Cerpen : F2


Bruuukk…!!!
Lemparan bola kaki itu tepat mengenai kepala Fanni yang sedang berjalan di koridor sekolah. Tubuh Fanni terdorong kedepan dan mengenai pintu kelas yang baru dibuka Fauzan. Fanni terjatuh sambil meringis kesakitan. “Kenapa gue apes banget sih?” umpatnya kesal.
Fauzan menghampiri Fanni begitu juga para kesebelasan SMU-nya, berlari menghampiri dan ribuan kata maaf terdengar nyaring di telinga Fanni.
“Ya, lain kali hati-hati main bola…” kata Fanni. Semuapun pergi berlalu dan melanjutkan permainan yang di pending sebentar tadi. Fauzan mengelus-elus kepala Fanni lembut.
“Sakit banget ya kak? Maafin gue ya…” Fauzan memungut buku-buku milik kakaknya yang berantakan dilantai koridor.

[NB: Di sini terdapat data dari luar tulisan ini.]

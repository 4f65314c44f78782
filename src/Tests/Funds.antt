-- ===== src/Tests/Funds.antt =====
-- The theorems on funds and positions at work on three users.
use exchange_cpp.Base.{List, [], ◌∷◌, true, false, some, ◌≡◌, ◌≢◌, refl, arith}
use exchange_cpp.Base.Dict.{lookup, insert}
use exchange_cpp.Base.Int.{pos, negsuc, ◌+ℤ◌, ◌-ℤ◌, ◌*ℤ◌}
use exchange_cpp.Common.{
  ask, bid, OrderType, CommandResultCode, MatcherTradeEvent, trade, BalanceAdjustmentType, active,
  long, empty,
}
use exchange_cpp.OrderBook.Events.{reject_event}
use exchange_cpp.Risk.Arithmetic.{
  calculate_amount_bid_taker_fee, calculate_amount_bid_taker_fee_for_budget,
}
use exchange_cpp.Risk.Position.{
  LastPriceCacheRecord, SymbolPositionRecord, update_position_for_margin_trade, estimate_profit,
}
use exchange_cpp.Risk.Position.Trades.{
  IsPosition, signed_volume, sign, equity, update_position_for_margin_trade-IsPosition,
  update_position_for_margin_trade_volume,
}
use exchange_cpp.Risk.Position.Equity.{
  equity-update_position_for_margin_trade, estimate_profit-closed_at_market, closed_at_market,
}
use exchange_cpp.Risk.Users.{
  UserProfile, Users, new_user_profile, amount_at, balance_adjustment, adjust_profile,
}
use exchange_cpp.Risk.Users.Totals.{balance, total_balance}
use exchange_cpp.Risk.Users.Adjustments.{
  Adjusts, adjust_profile-Adjusts, RefusesAgain, balance_adjustment_once,
}
use exchange_cpp.Risk.Exchange.{
  amount, hold_amount, bid_hold_amount, place_exchange_order, hold,
  handle_matcher_reject_reduce_event_exchange, released_amount, handle_matcher_events_exchange_sell,
  handle_matcher_events_exchange_buy,
}
use exchange_cpp.Risk.Exchange.Settlement.{in_currency, bids_held, asks_held}
use exchange_cpp.Risk.Exchange.Conservation.{
  taker_held, handle_matcher_events_exchange_sell_conserves,
  handle_matcher_events_exchange_buy_conserves,
}
use exchange_cpp.Risk.Exchange.Release.{
  place_exchange_order_rejected, balance_of, ioc_budget_bid, ioc_budget_released,
}
use exchange_cpp.Risk.Engine.{RiskEngine, adjust_balance}
use exchange_cpp.Risk.Engine.Adjusting.{accounted, adjust_balance-accounted}
use exchange_cpp.Tests.{spec, placed}

abbrev user : UserProfile
user = record {
  uid = 13;
  positions = [];
  adjustments_counter = pos 4;
  accounts = (2, pos 5000) ∷ (1, pos 60) ∷ [];
  user_status = active;
}

abbrev users : Users
users = (13, user) ∷ (10, new_user_profile 10 active) ∷ []

-- A trade of 5 at 100 with an order of user 10, held at 102.
abbrev a_trade : MatcherTradeEvent
a_trade = record {
  event_type = trade;
  section = 0;
  active_order_completed = true;
  matched_order_id = 1;
  matched_order_uid = 10;
  matched_order_completed = true;
  price = pos 100;
  size = pos 5;
  bidder_hold_price = pos 102;
}

abbrev trades : List MatcherTradeEvent
trades = a_trade ∷ []

handle_matcher_events_exchange_sell_conserves_example :
    let r = handle_matcher_events_exchange_sell (λ k. true) trades spec (some 13) users [] in
    total_balance 2 r.0 +ℤ amount_at 2 r.1
    ≡ total_balance 2 users
      +ℤ amount_at 2 []
      +ℤ in_currency 2 2 (bids_held spec trades)
      +ℤ in_currency 2 1 (asks_held spec trades)
handle_matcher_events_exchange_sell_conserves_example =
    handle_matcher_events_exchange_sell_conserves (λ k. true) (λ k. refl) trades spec 13 users [] 2

handle_matcher_events_exchange_buy_conserves_example :
    let r =
      handle_matcher_events_exchange_buy
        (λ k. true)
        trades
        spec
        (some 13)
        (placed 4 13 bid OrderType.ioc 102 5)
        users
        [] in
    total_balance 2 r.0 +ℤ amount_at 2 r.1
    ≡ total_balance 2 users
      +ℤ amount_at 2 []
      +ℤ in_currency 2 2 (taker_held (placed 4 13 bid OrderType.ioc 102 5) spec trades)
      +ℤ in_currency 2 1 (asks_held spec trades)
handle_matcher_events_exchange_buy_conserves_example =
    handle_matcher_events_exchange_buy_conserves (λ k. true) (λ k. refl) trades spec 13
      (placed 4 13 bid OrderType.ioc 102 5) users [] 2

enough_funds :
    (place_exchange_order (placed 4 13 bid OrderType.ioc 100 5) spec user).0
    ≡ CommandResultCode.valid_for_matching_engine
unfolding place_exchange_order hold_amount bid_hold_amount hold amount_at lookup
    calculate_amount_bid_taker_fee ◌+ℤ◌ ◌*ℤ◌
enough_funds = refl

not_ioc_budget : OrderType.ioc_budget ≢ OrderType.ioc
not_ioc_budget e = cc

place_exchange_order_rejected_example :
    balance_of 13 2 (
      handle_matcher_reject_reduce_event_exchange
        (placed 4 13 bid OrderType.ioc 100 5)
        (reject_event (placed 4 13 bid OrderType.ioc 100 5) (pos 5))
        spec
        13
        (insert 13 (place_exchange_order (placed 4 13 bid OrderType.ioc 100 5) spec user).1 users))
    ≡ balance 2 user
place_exchange_order_rejected_example =
    place_exchange_order_rejected (placed 4 13 bid OrderType.ioc 100 5) spec 13 2 user users refl
      not_ioc_budget enough_funds

budget_amount :
    hold_amount bid (ioc_budget_bid (placed 4 13 bid OrderType.ioc 500 5)) spec ≡ amount (pos 1510)
unfolding hold_amount bid_hold_amount calculate_amount_bid_taker_fee_for_budget ◌+ℤ◌ ◌*ℤ◌
budget_amount = refl

ioc_budget_released_example :
    released_amount
      (ioc_budget_bid (placed 4 13 bid OrderType.ioc 500 5))
      (reject_event (ioc_budget_bid (placed 4 13 bid OrderType.ioc 500 5)) (pos 5))
      spec
    ≡ pos 1510 +ℤ (pos 5 -ℤ pos 1) *ℤ (pos 500 *ℤ pos 3)
ioc_budget_released_example =
    ioc_budget_released (placed 4 13 bid OrderType.ioc 500 5) spec (pos 1510) budget_amount

-- A long position of 6 bought at 50.
abbrev six_long : SymbolPositionRecord
six_long = record {
  uid = 13;
  symbol = 7;
  currency = 2;
  direction = long;
  open_volume = pos 6;
  open_price_sum = pos 300;
  profit = pos 0;
  pending_sell_size = pos 10;
  pending_buy_size = pos 0;
}

update_position_for_margin_trade-IsPosition_example :
    IsPosition (update_position_for_margin_trade ask (pos 10) (pos 60) six_long).1
update_position_for_margin_trade-IsPosition_example =
    update_position_for_margin_trade-IsPosition ask (pos 10) (pos 60) six_long (omega arith)
      (omega arith)

update_position_for_margin_trade_volume_example :
    signed_volume (update_position_for_margin_trade ask (pos 10) (pos 60) six_long).1
    ≡ pos 6 +ℤ (pos 0 -ℤ pos 10)
update_position_for_margin_trade_volume_example =
    update_position_for_margin_trade_volume ask (pos 10) (pos 60) six_long (omega arith)
      (omega arith)

equity-update_position_for_margin_trade_example :
    equity (pos 55) (update_position_for_margin_trade ask (pos 10) (pos 60) six_long).1
    ≡ equity (pos 55) six_long +ℤ sign ask (pos 10 *ℤ (pos 55 -ℤ pos 60))
equity-update_position_for_margin_trade_example =
    equity-update_position_for_margin_trade ask (pos 10) (pos 60) (pos 55) six_long (omega arith)
      (omega arith)

estimate_profit-closed_at_market_example :
    let last : LastPriceCacheRecord = record { ask_price = pos 57; bid_price = pos 55 } in
    ((closed_at_market last six_long).direction ≡ empty)
    × ((closed_at_market last six_long).profit ≡ estimate_profit spec last six_long)
estimate_profit-closed_at_market_example =
    estimate_profit-closed_at_market spec (record { ask_price = pos 57; bid_price = pos 55 })
      six_long (omega arith) refl refl

adjust_profile-Adjusts_example :
    Adjusts 2
      (negsuc 99)
      (pos 5)
      user
      (adjust_profile 2 (negsuc 99) (pos 5) user).0
      (adjust_profile 2 (negsuc 99) (pos 5) user).1
adjust_profile-Adjusts_example = adjust_profile-Adjusts 2 (negsuc 99) (pos 5) user

withdrawn : (balance_adjustment 13 2 (negsuc 99) (pos 5) users).0 ≡ CommandResultCode.success
unfolding balance_adjustment adjust_profile amount_at lookup ◌+ℤ◌
withdrawn = refl

balance_adjustment_once_example :
    RefusesAgain 13 1 (pos 7) (pos 5) (balance_adjustment 13 2 (negsuc 99) (pos 5) users).1
balance_adjustment_once_example =
    balance_adjustment_once 13 2 1 (negsuc 99) (pos 7) (pos 5) users withdrawn

abbrev engine : RiskEngine
engine = record {
  shard_id = 0;
  shard_mask = 0;
  ignore_risk_processing = false;
  margin_trading_enabled = true;
  symbols = (5, spec) ∷ [];
  users = users;
  last_price_cache = [];
  fees = [];
  adjustments = [];
  suspends = [];
}

adjust_balance-accounted_example :
    accounted 2 (adjust_balance 13 2 (negsuc 99) (pos 5) BalanceAdjustmentType.adjustment engine).1
    ≡ accounted 2 engine
adjust_balance-accounted_example =
    adjust_balance-accounted 13 2 2 (negsuc 99) (pos 5) BalanceAdjustmentType.adjustment engine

“Duuh… ya sakit dong dek,” Fanni ikut memegang kepalanya, “ kenapa nasip gue apes banget ya?” dia bertanya pada Fauzan. Fauzan cuma tersenyum menanggapi. Cowok-cowok yang sebaya dengan Fauzan melintas sambil bersiul-siul. Mereka akhir-akhir ini mengira kalau Fauzan naksir Fanni, si kakak kelas.
“Iiissshhh… mesranya. Lagi PDKT sama kakak kelas ya…?” Goda teman-teman Fauzan. Mereka yang digoda itu sama-sama tersenyum mendengarnya.
“Biarin aja, mereka gak tau apa-apa tentang kita dek…” kata Fanni. Fauzan mengangguk lalu membantu Fanni berdiri. Segerombolan cewek yang sebaya dengan Fauzan melintas dan hanya memandang dengan penuh penasaran. Soalnya gosip Fauzan si anak baru naksir Fanni udah kesebar keseluruh penjuru sekolah.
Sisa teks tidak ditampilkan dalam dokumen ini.